Le Département de la Défense (DOD) américain a officiellement notifié la direction d’Anthropic que la société et ses produits ont été désignés comme un **risque pour la chaîne d’approvisionnement**, rapporte Bloomberg en citant un haut responsable du département. Cette décision survient après plusieurs semaines de tensions croissantes entre le laboratoire d’IA et le gouvernement militaire, notamment en raison de divergences sur l’utilisation des technologies d’Anthropic à des fins militaires ou de surveillance.

Le PDG d’Anthropic, Dario Amodei, a fermement refusé de permettre à l’armée d’utiliser ses systèmes d’IA pour la surveillance de masse des citoyens américains ou pour alimenter des armes entièrement autonomes sans intervention humaine. Le Département a argumenté que l’utilisation de l’IA ne devrait pas être limitée par un fournisseur privé, ce qui a conduit à la désignation comme un « risque pour la chaîne d’approvisionnement ». Cette dernière est habituellement réservée aux adversaires étrangers, ce qui souligne la gravité et l’exceptionnalité de cette décision.

La classification d’Anthropic comme un risque pour la chaîne d’approvisionnement pourrait perturber leurs opérations tout en mettant en péril celles du Pentagone, une situation sans précédent dans le domaine de la technologie et de la défense.

Actuellement, Anthropic, qui possède des systèmes d’intelligence artificielle classifiés, joue un rôle stratégique dans les opérations militaires américaines. Son modèle Claude est utilisé dans la campagne en Iran, notamment intégré dans le système Palantir Maven Smart System, un outil clé pour la gestion rapide et efficiente des données par les forces américaines au Moyen-Orient, selon Bloomberg.

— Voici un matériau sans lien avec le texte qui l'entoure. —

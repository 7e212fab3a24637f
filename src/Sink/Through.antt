-- ===== src/Sink/Through.antt =====
-- `instrumentedWriter` as a writer whose batches are those of the writer in it.
use public_pg2mongo_cd_c.Base.{ℕ, Option, none, some, ◌≡◌, refl, List, All}
use public_pg2mongo_cd_c.Writer.{CdcEvent}
use public_pg2mongo_cd_c.Writer.Server.{DriverError}
use public_pg2mongo_cd_c.Consumer.Laws.{WriterLaws}
use public_pg2mongo_cd_c.Sink.Instrument.{Instrumented, apply_batch, after_inner}
use public_pg2mongo_cd_c.Sink.Wiring.{instrumented_writer}

-- The instrumented writer applies what the writer in it applies.
module _ {S : Type 0} {E : Type 0} (inner : List CdcEvent → S → S × Option E)
    (view : E → DriverError) (clock : S → ℕ)
    (WL : WriterLaws (record { State = S; apply_batch = inner })) where
  passed :
      (now : ℕ) (evs : List CdcEvent) (i : Instrumented inner view) (r : S × Option E)
      → ((after_inner inner view now evs i r).0.sink ≡ r.0)
        × ((after_inner inner view now evs i r).1 ≡ r.1)
  passed now evs i (s, none) = (refl, refl)
  passed now evs i (s, some e) = (refl, refl)

  pub inner-applied_all :
      (evs : List CdcEvent) (i : Instrumented inner view)
      → (apply_batch inner view (clock i.sink) evs i).1 ≡ none
      → All (WL.Applied (apply_batch inner view (clock i.sink) evs i).0.sink) evs
  unfolding apply_batch
  inner-applied_all evs i h =
      let (s, e) = passed (clock i.sink) evs i (inner evs i.sink) in
      rw s (WL.applied_all evs i.sink (rw e at h))

  pub inner-applied_stays :
      (evs : List CdcEvent) (i : Instrumented inner view) (ev : CdcEvent)
      → WL.Applied i.sink ev
      → WL.Applied (apply_batch inner view (clock i.sink) evs i).0.sink ev
  unfolding apply_batch
  inner-applied_stays evs i ev h =
      rw (passed (clock i.sink) evs i (inner evs i.sink)).0 (WL.applied_stays evs i.sink ev h)

  abbrev pub through_laws : WriterLaws (instrumented_writer inner view clock)
  through_laws = record {
    Applied = λ i ev. WL.Applied i.sink ev;
    applied_all = inner-applied_all;
    applied_stays = inner-applied_stays;
  }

L’interdiction de collaborer avec le département militaire pourrait donc avoir des implications majeures pour cette collaboration technologique déjà cruciale.

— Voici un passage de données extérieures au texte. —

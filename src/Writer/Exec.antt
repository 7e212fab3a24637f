-- ===== src/Writer/Exec.antt =====
-- One write model of `BuildWriteOp` on the server: the document with the event's id changes as
-- the gate says, and no other document changes.
use mathlib.Core.Option
use public_pg2mongo_cd_c.Base.{String, Bool, true, false, ◌&&◌, ◌||◌, Option, none, some, ℤ}
use mathlib.Core.Path.{fun_ext}
use public_pg2mongo_cd_c.Base.{
  ◌≡◌, refl, ap, ◌∙◌, ◌==◌, if◌then◌else◌, arith, str_dec, inl, inr, ◌⊎◌,
}
use public_pg2mongo_cd_c.Base.{Bool-cases, ltb_ℤ}
use public_pg2mongo_cd_c.Value.{int, str, obj, Fields, end, field, get, AllKeys}
use public_pg2mongo_cd_c.Value.Laws.{put-AllKeys, copy-AllKeys}
use public_pg2mongo_cd_c.Writer.{
  CdcEvent, op_delete, doc_id, entries, set_fields, delete_op, upsert_op, to_mongo_model,
  build_write_op, ok, lsn_lt, WriteOp,
}
use public_pg2mongo_cd_c.Writer.Gate.{
  Doc, stamp, stamp_of, foreign, at, unset, gate, gate_delete, gate_upsert, stamp_lt, is_unset,
  Stamp, overlay,
}
use public_pg2mongo_cd_c.Writer.Server.{
  OpReply, Server, IsLawful, is_plain, delete_doc, update_doc, matched, write_error, duplicate_key,
}

and-true : (b : Bool) → (b && true) ≡ b
and-true b = ground arith

or-false : (b : Bool) → (b || false) ≡ b
or-false b = ground arith

abbrev pub view : Option Fields → Option Doc
view = Option.map (λ d k. get k d)

-- No document carries a `sourceLsn` that the sink cannot have written.
abbrev pub IsNative : Option Doc → Type 0
IsNative none = Unit
IsNative (some d) = ¬ (stamp d ≡ foreign)

view-if :
    (b : Bool) (x y : Option Fields) → view (if b then x else y) ≡ (if b then view x else view y)
view-if true x y = refl
view-if false x y = refl

build-cases :
    (ev : CdcEvent) (ver : ℤ) {op : WriteOp}
    → build_write_op ev ver ≡ ok op
    → (((ev.op == op_delete) ≡ true) × (op ≡ delete_op ev))
      ⊎ (((ev.op == op_delete) ≡ false) × (op ≡ upsert_op ev ver))
unfolding build_write_op
build-cases ev ver h = ground arith

-- The column names of the event can be written by `$set`.
abbrev pub IsPlain : CdcEvent → Type 0
IsPlain ev = AllKeys is_plain (entries ev.after)

set_fields-plain : (ev : CdcEvent) (ver : ℤ) → IsPlain ev → AllKeys is_plain (set_fields ev ver)
unfolding set_fields is_plain str_dec
set_fields-plain ev ver h = put-AllKeys is_plain "schemaVersion" (int ver) _ refl (
    put-AllKeys is_plain "sourceLsn" (int ev.lsn) _ refl
      (copy-AllKeys is_plain (entries ev.after) end h tt))

-- The document of a collection and id, as the gate sees it.
abbrev pub row : (S : Server) → S.State → String → String → Option Doc
row S s c id = view (S.find s c id)

module _ (S : Server) (L : IsLawful S) where
  matches-delete :
      (ev : CdcEvent) (d : Fields)
      → get "_id" d ≡ some (str (doc_id ev))
      → ¬ (stamp_of (get "sourceLsn" d) ≡ foreign)
      → S.matches (delete_op ev).filter d ≡ stamp_lt ev.lsn (stamp_of (get "sourceLsn" d))
  unfolding delete_op
  matches-delete ev d e f =
      L.matches-id (doc_id ev) _ d e
      ∙ (L.matches-lsn_lt ev.lsn end d f ∙ rw L.matches-end (and-true _))

  matches-upsert :
      (ev : CdcEvent) (ver : ℤ) (d : Fields)
      → get "_id" d ≡ some (str (doc_id ev))
      → ¬ (stamp_of (get "sourceLsn" d) ≡ foreign)
      → S.matches (upsert_op ev ver).filter d ≡ (
          stamp_lt ev.lsn (stamp_of (get "sourceLsn" d)) || is_unset (stamp_of (get "sourceLsn" d)))
  unfolding upsert_op
  matches-upsert ev ver d e f = simp (
    L.matches-id (doc_id ev) _ d e,
    L.matches-or,
    L.matches-lsn_lt ev.lsn end d f,
    L.matches-lsn_missing d,
    L.matches-end,
    and-true,
    or-false,
  )

  delete_doc-gate :
      (ev : CdcEvent) (o : Option Fields)
      → ((d : Fields) → o ≡ some d → get "_id" d ≡ some (str (doc_id ev)))
      → IsNative (view o)
      → view (delete_doc S.matches (delete_op ev).filter o).0 ≡ gate_delete ev (view o)
  delete_doc-gate ev none e f = refl
  delete_doc-gate ev (some d) e f =
      rw (matches-delete ev d (e d refl) f)
        (ground (arith, view-if (stamp_lt ev.lsn (stamp_of (get "sourceLsn" d))) none (some d)))

  view-updated :
      (ev : CdcEvent) (ver : ℤ) (d : Fields)
      → IsPlain ev
      → view (some (S.updated (field "$set" (obj (set_fields ev ver)) end) d))
        ≡ some (overlay (set_fields ev ver) (λ k. get k d))
  view-updated ev ver d p =
      ap some (fun_ext λ k. L.get-updated (set_fields ev ver) d k (set_fields-plain ev ver p))

  update_doc-gate :
      (ev : CdcEvent) (ver : ℤ) (o : Option Fields)
      → ((d : Fields) → o ≡ some d → get "_id" d ≡ some (str (doc_id ev)))
      → IsPlain ev
      → IsNative (view o)
      → view
          (update_doc S.matches S.updated
            (doc_id ev)
            (upsert_op ev ver).filter
            (field "$set" (obj (set_fields ev ver)) end)
            o).0
        ≡ gate_upsert ver ev (view o)
  unfolding get
  update_doc-gate ev ver none e p f = view-updated ev ver (field "_id" (str (doc_id ev)) end) p
  update_doc-gate ev ver (some d) e p f =
      rw (matches-upsert ev ver d (e d refl) f) (branch (stamp_of (get "sourceLsn" d)) f)
    where
      branch :
          (st : Stamp)
          → ¬ (st ≡ foreign)
          → view
              (if◌then◌else◌ {A = Option Fields × OpReply}
                (stamp_lt ev.lsn st || is_unset st)
                (some (S.updated (field "$set" (obj (set_fields ev ver)) end) d), matched)
                (some d, write_error duplicate_key)).0
            ≡ elim st [
              | at m ↦
                  if ltb_ℤ m ev.lsn
                  then some (overlay (set_fields ev ver) (λ k. get k d))
                  else some (λ k. get k d)
              | unset ↦ some (overlay (set_fields ev ver) (λ k. get k d))
              | foreign ↦ some (λ k. get k d)
            ]
      branch unset f = view-updated ev ver d p
      branch foreign f = absurd (f refl)
      branch (at m) f = elim (Bool-cases (ltb_ℤ m ev.lsn)) [
        | inl t ↦ rw t (view-updated ev ver d p)
        | inr t ↦ rw t refl
      ]

  exec_delete-gate :
      (ev : CdcEvent) (s : S.State)
      → IsNative (row S s ev.table (doc_id ev))
      → (c id : String)
      → row S (S.exec s ev.table (to_mongo_model (delete_op ev))).0 c id ≡ (
          if (c == ev.table) && (id == doc_id ev)
          then gate_delete ev (row S s ev.table (doc_id ev))
          else row S s c id)
  unfolding to_mongo_model delete_op
  exec_delete-gate ev s f c id =
      ap view ((L.exec-delete_one s ev.table (doc_id ev) (lsn_lt ev.lsn end)).0 c id)
      ∙ (view-if ((c == ev.table) && (id == doc_id ev)) _ _
          ∙ rw (
              delete_doc-gate ev (S.find s ev.table (doc_id ev)) (L.find-id s ev.table (doc_id ev))
                f))

  exec_upsert-gate :
      (ev : CdcEvent) (ver : ℤ) (s : S.State)
      → IsPlain ev
      → IsNative (row S s ev.table (doc_id ev))
      → (c id : String)
      → row S (S.exec s ev.table (to_mongo_model (upsert_op ev ver))).0 c id ≡ (
          if (c == ev.table) && (id == doc_id ev)
          then gate_upsert ver ev (row S s ev.table (doc_id ev))
          else row S s c id)
  unfolding to_mongo_model upsert_op
  exec_upsert-gate ev ver s p f c id =
      ap view ((L.exec-update_one s ev.table (doc_id ev) _ _).0 c id)
      ∙ (view-if ((c == ev.table) && (id == doc_id ev)) _ _
          ∙ rw (
              update_doc-gate ev ver (S.find s ev.table (doc_id ev))
                (L.find-id s ev.table (doc_id ev)) p f))

  -- Sending the operation of an event with plain column names to a lawful server changes the
  -- document with the event's id as the gate says, if that document carries a number or nothing as
  -- its LSN, and changes no other document.
  pub exec-gate :
      (ev : CdcEvent) (ver : ℤ) {op : WriteOp} (s : S.State)
      → build_write_op ev ver ≡ ok op
      → IsPlain ev
      → IsNative (row S s ev.table (doc_id ev))
      → (c id : String)
      → row S (S.exec s ev.table (to_mongo_model op)).0 c id ≡ (
          if (c == ev.table) && (id == doc_id ev)
          then gate ver ev (row S s ev.table (doc_id ev))
          else row S s c id)
  unfolding gate
  exec-gate ev ver {op} s b p f c id = elim (build-cases ev ver b) [
    | inl (t, e) ↦ rw (e, t) (exec_delete-gate ev s f c id)
    | inr (t, e) ↦ rw (e, t) (exec_upsert-gate ev ver s p f c id)
  ]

Cette décision du DOD est qualifiée par plusieurs experts et critiques comme une action sans précédent, voire controversée. Dean Ball, ancien conseiller à la Maison-Blanche en matière d’IA sous l’administration Trump, a dénoncé cette désignation en la qualifiant de « bruit de mort » de la république américaine, accusant le gouvernement de manquer de stratégie et de privilégier une approche paternaliste et tribaliste à l’encontre d’innovateurs nationaux, parfois même plus dure que contre des adversaires étrangers. Plusieurs employés de grandes entreprises technologiques comme OpenAI et Google ont également appelé le Congrès à intervenir pour limiter l’usage potentiel de ces nouvelles classifications.

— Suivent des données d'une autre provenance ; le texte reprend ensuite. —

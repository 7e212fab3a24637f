-- ===== src/Writer/Replay.antt =====
-- Redelivery: what repeated, stale and reordered events do to one document.
use public_pg2mongo_cd_c.Base.{true, false, Option, none, some, ℤ, ltb_ℤ, ◌≤ℤ◌, ◌<ℤ◌}
use public_pg2mongo_cd_c.Base.{◌≡◌, refl, ◌∙◌, ◌==◌, if◌then◌else◌, arith, str_dec, inl, inr, ◌⊎◌}
use public_pg2mongo_cd_c.Base.{List, [], ◌∷◌, ◌++◌, All, Bool-cases, ltb_ℤ-eq-false, <ℤ→ltb_ℤ}
use public_pg2mongo_cd_c.Value.{int, get}
use public_pg2mongo_cd_c.Value.Laws.{get-put}
use public_pg2mongo_cd_c.Writer.{CdcEvent, op_delete, doc_id, set_fields}
use public_pg2mongo_cd_c.Writer.Gate.{
  Doc, stamp, at, gate, gate_all, overlay, blank, gate_delete, gate_upsert,
}

abbrev pub Stamped : ℤ → Doc → Type 0
Stamped n d = stamp d ≡ at n

-- A document, if there is one, carries an LSN below `n`.
abbrev pub Below : ℤ → Option Doc → Type 0
Below n none = Unit
Below n (some d) = (m : ℤ) × Stamped m d × (m <ℤ n)

set_fields-stamp :
    (ev : CdcEvent) (ver : ℤ) → get "sourceLsn" (set_fields ev ver) ≡ some (int ev.lsn)
unfolding set_fields str_dec
set_fields-stamp ev ver = rw (get-put, get-put)

pub overlay-Stamped :
    (ev : CdcEvent) (ver : ℤ) (d : Doc) → Stamped ev.lsn (overlay (set_fields ev ver) d)
overlay-Stamped ev ver d = rw (set_fields-stamp ev ver)

-- What an event makes of a document, or of a blank one, that it may write.
abbrev pub written : ℤ → CdcEvent → Doc → Option Doc
written ver ev d = if ev.op == op_delete then none else some (overlay (set_fields ev ver) d)

pub gate-none : (ver : ℤ) (ev : CdcEvent) → gate ver ev none ≡ written ver ev (blank (doc_id ev))
unfolding gate
gate-none ver ev = refl

pub gate-Stamped :
    (ver : ℤ) (ev : CdcEvent) (d : Doc) (m : ℤ)
    → Stamped m d
    → gate ver ev (some d) ≡ (if ltb_ℤ m ev.lsn then written ver ev d else some d)
unfolding gate
gate-Stamped ver ev d m s = elim (Bool-cases (ev.op == op_delete)) [
  | inl t ↦ rw (t, s, gate_delete) refl
  | inr t ↦ rw (t, s, gate_upsert) refl
]

-- A redelivered or stale event, an upsert or a delete, changes nothing.
pub gate_stale :
    (ver : ℤ) (ev : CdcEvent) (d : Doc) (n : ℤ)
    → Stamped n d
    → ev.lsn ≤ℤ n
    → gate ver ev (some d) ≡ some d
gate_stale ver ev d n s h = gate-Stamped ver ev d n s ∙ rw (ltb_ℤ-eq-false n ev.lsn h)

-- What the document is before the event writes over it.
abbrev pub or_blank : CdcEvent → Option Doc → Doc
or_blank ev none = blank (doc_id ev)
or_blank ev (some d) = d

-- A fresh event wins: a delete leaves no document, an upsert one that carries its LSN.
pub gate_fresh :
    (ver : ℤ) (ev : CdcEvent) (row : Option Doc)
    → Below ev.lsn row
    → gate ver ev row ≡ written ver ev (or_blank ev row)
gate_fresh ver ev none b = gate-none ver ev
gate_fresh ver ev (some d) (m, s, l) = gate-Stamped ver ev d m s ∙ rw (<ℤ→ltb_ℤ m ev.lsn l)

written-Below :
    (ver : ℤ) (ev : CdcEvent) (d : Doc) (n : ℤ) → ev.lsn <ℤ n → Below n (written ver ev d)
written-Below ver ev d n h = elim (Bool-cases (ev.op == op_delete)) [
  | inl t ↦ rw t tt
  | inr t ↦ rw t (ev.lsn, overlay-Stamped ev ver d, h)
]

pub gate-Below :
    (ver : ℤ) (ev : CdcEvent) (row : Option Doc) (n : ℤ)
    → ev.lsn <ℤ n
    → Below n row
    → Below n (gate ver ev row)
gate-Below ver ev none n h b = rw (gate-none ver ev) (written-Below ver ev _ n h)
gate-Below ver ev (some d) n h (m, s, l) = elim (Bool-cases (ltb_ℤ m ev.lsn)) [
  | inl t ↦ rw (gate-Stamped ver ev d m s, t) (written-Below ver ev d n h)
  | inr t ↦ rw (gate-Stamped ver ev d m s, t) (m, s, l)
]

pub gate_all-Below :
    (ver : ℤ) (evs : List CdcEvent) (row : Option Doc) (n : ℤ)
    → All (λ ev. ev.lsn <ℤ n) evs
    → Below n row
    → Below n (gate_all ver evs row)
unfolding gate_all
gate_all-Below ver [] row n a b = b
gate_all-Below ver (ev ∷ evs) row n a b =
    gate_all-Below ver evs (gate ver ev row) n a.1 (gate-Below ver ev row n a.0 b)

pub gate_all-append :
    (ver : ℤ) (xs ys : List CdcEvent) (row : Option Doc)
    → gate_all ver (xs ++ ys) row ≡ gate_all ver ys (gate_all ver xs row)
unfolding gate_all
gate_all-append ver [] ys row = refl
gate_all-append ver (x ∷ xs) ys row = gate_all-append ver xs ys (gate ver x row)

-- After an upsert, events that are no newer change nothing, in any order and number.
pub gate_all_stale :
    (ver : ℤ) (evs : List CdcEvent) (d : Doc) (n : ℤ)
    → Stamped n d
    → All (λ ev. ev.lsn ≤ℤ n) evs
    → gate_all ver evs (some d) ≡ some d
unfolding gate_all
gate_all_stale ver [] d n s a = refl
gate_all_stale ver (ev ∷ evs) d n s a =
    rw (gate_stale ver ev d n s a.0) (gate_all_stale ver evs d n s a.1)

-- A log of one key whose last event has the highest LSN.
abbrev pub BeforeLast : CdcEvent → List CdcEvent → Type 0
BeforeLast last evs = All (λ ev. ev.lsn <ℤ last.lsn) evs

gate_all-last :
    (ver : ℤ) (log : List CdcEvent) (last : CdcEvent) (row : Option Doc)
    → BeforeLast last log
    → Below last.lsn row
    → gate_all ver (log ++ last ∷ []) row ≡ written ver last (or_blank last (gate_all ver log row))
gate_all-last ver log last row a b =
    gate_all-append ver log (last ∷ []) row
    ∙ unfold gate_all in gate_fresh ver last _ (gate_all-Below ver log row last.lsn a b)

no_newer :
    (last : CdcEvent) (evs : List CdcEvent)
    → BeforeLast last evs
    → All (λ ev. ev.lsn ≤ℤ last.lsn) (evs ++ last ∷ [])
no_newer last [] a = (omega arith, tt)
no_newer last (ev ∷ evs) a = (omega arith, no_newer last evs a.1)

-- On one document, redelivering a tail of events that ends with the newest event of the log leaves
-- what the log had left, whether the newest event is an upsert or a delete.
pub replay_tail :
    (ver : ℤ) (log tail : List CdcEvent) (last : CdcEvent)
    → BeforeLast last log
    → BeforeLast last tail
    → let final = gate_all ver (log ++ last ∷ []) none in
      gate_all ver (tail ++ last ∷ []) final ≡ final
replay_tail ver log tail last a b = elim (Bool-cases (last.op == op_delete)) [
  | inl t ↦
      rw (gate_all-last ver log last none a tt, t) (gate_all-last ver tail last none b tt ∙ rw t)
  | inr t ↦
      rw (gate_all-last ver log last none a tt, t)
        (gate_all_stale ver (tail ++ last ∷ []) _ last.lsn
          (overlay-Stamped last ver (or_blank last (gate_all ver log none))) (no_newer last tail b))
]

-- On one document that is older than a delete, the delete and then an older upsert leave the older
-- upsert's document.
pub stale_after_delete :
    (ver : ℤ) (del old : CdcEvent) (row : Option Doc)
    → (del.op == op_delete) ≡ true
    → (old.op == op_delete) ≡ false
    → old.lsn <ℤ del.lsn
    → Below del.lsn row
    → gate_all ver (del ∷ old ∷ []) row ≡ some (overlay (set_fields old ver) (blank (doc_id old)))
unfolding gate_all
stale_after_delete ver del old row d u older b =
    rw (gate_fresh ver del row b, d) (gate-none ver old ∙ rw u)

abbrev pub Has : CdcEvent → List CdcEvent → Type 0
Has w [] = ⊥
Has w (ev ∷ evs) = (ev ≡ w) ⊎ Has w evs

-- Upserts, each older than `w` or `w` itself.
abbrev pub Loses : CdcEvent → CdcEvent → Type 0
Loses w ev = ((ev.op == op_delete) ≡ false) × ((ev.lsn <ℤ w.lsn) ⊎ (ev ≡ w))

pub Loses-le :
    (w : CdcEvent) (evs : List CdcEvent) → All (Loses w) evs → All (λ ev. ev.lsn ≤ℤ w.lsn) evs
Loses-le w [] a = tt
Loses-le w (ev ∷ evs) a = (le a.0.1, Loses-le w evs a.1)
  where
    le : (ev.lsn <ℤ w.lsn) ⊎ (ev ≡ w) → ev.lsn ≤ℤ w.lsn
    le (inl h) = omega arith
    le (inr e) = rw e (omega arith)

winner_settles :
    (ver : ℤ) (w ev : CdcEvent) (evs : List CdcEvent) (row : Option Doc)
    → ev ≡ w
    → (ev.op == op_delete) ≡ false
    → All (Loses w) evs
    → Below w.lsn row
    → (d : Doc) × (gate_all ver evs (gate ver ev row) ≡ some (overlay (set_fields w ver) d))
winner_settles ver w ev evs row e u a b =
    let d = or_blank w row in
    let first : gate ver ev row ≡ some (overlay (set_fields w ver) d) =
      rw e (gate_fresh ver w row b ∙ rw (← e, u)) in
    (d, rw first (gate_all_stale ver evs _ w.lsn (overlay-Stamped w ver d) (Loses-le w evs a)))

-- Upserts of one key in any order: the one with the highest LSN decides the document.
pub upserts_converge :
    (ver : ℤ) (w : CdcEvent) (evs : List CdcEvent) (row : Option Doc)
    → All (Loses w) evs
    → Has w evs
    → Below w.lsn row
    → (d : Doc) × (gate_all ver evs row ≡ some (overlay (set_fields w ver) d))
unfolding gate_all
upserts_converge ver w [] row a h b = absurd h
upserts_converge ver w (ev ∷ evs) row a h b = elim a.0.1 [
  | inr e ↦ winner_settles ver w ev evs row e a.0.0 a.1 b
  | inl older ↦ elim h [
    | inl e ↦ winner_settles ver w ev evs row e a.0.0 a.1 b
    | inr later ↦
        upserts_converge ver w evs (gate ver ev row) a.1 later (gate-Below ver ev row w.lsn older b)
  ]
]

En parallèle, OpenAI a négocié un accord avec le Département pour permettre à ses systèmes d’IA d’être utilisés par l’armée à des fins « légales ». Cependant, certains employés expriment des inquiétudes quant à la formulation ambiguë de cet accord, qui pourrait ouvrir la porte à des utilisations que l’entreprise cherche à éviter, notamment pour des activités de surveillance de masse ou de frappes autonomes. Quant à Dario Amodei, il a dénoncé la nature « punitive et répressive » de l’action du DOD, en précisant que son refus de faire l’éloge ou de financer le président Trump aurait aggravé le conflit avec le Pentagone.

La prise de position d’Anthropic face aux exigences militaires soulève des questions éthiques et stratégiques sur l’avenir de l’IA militaire aux États-Unis.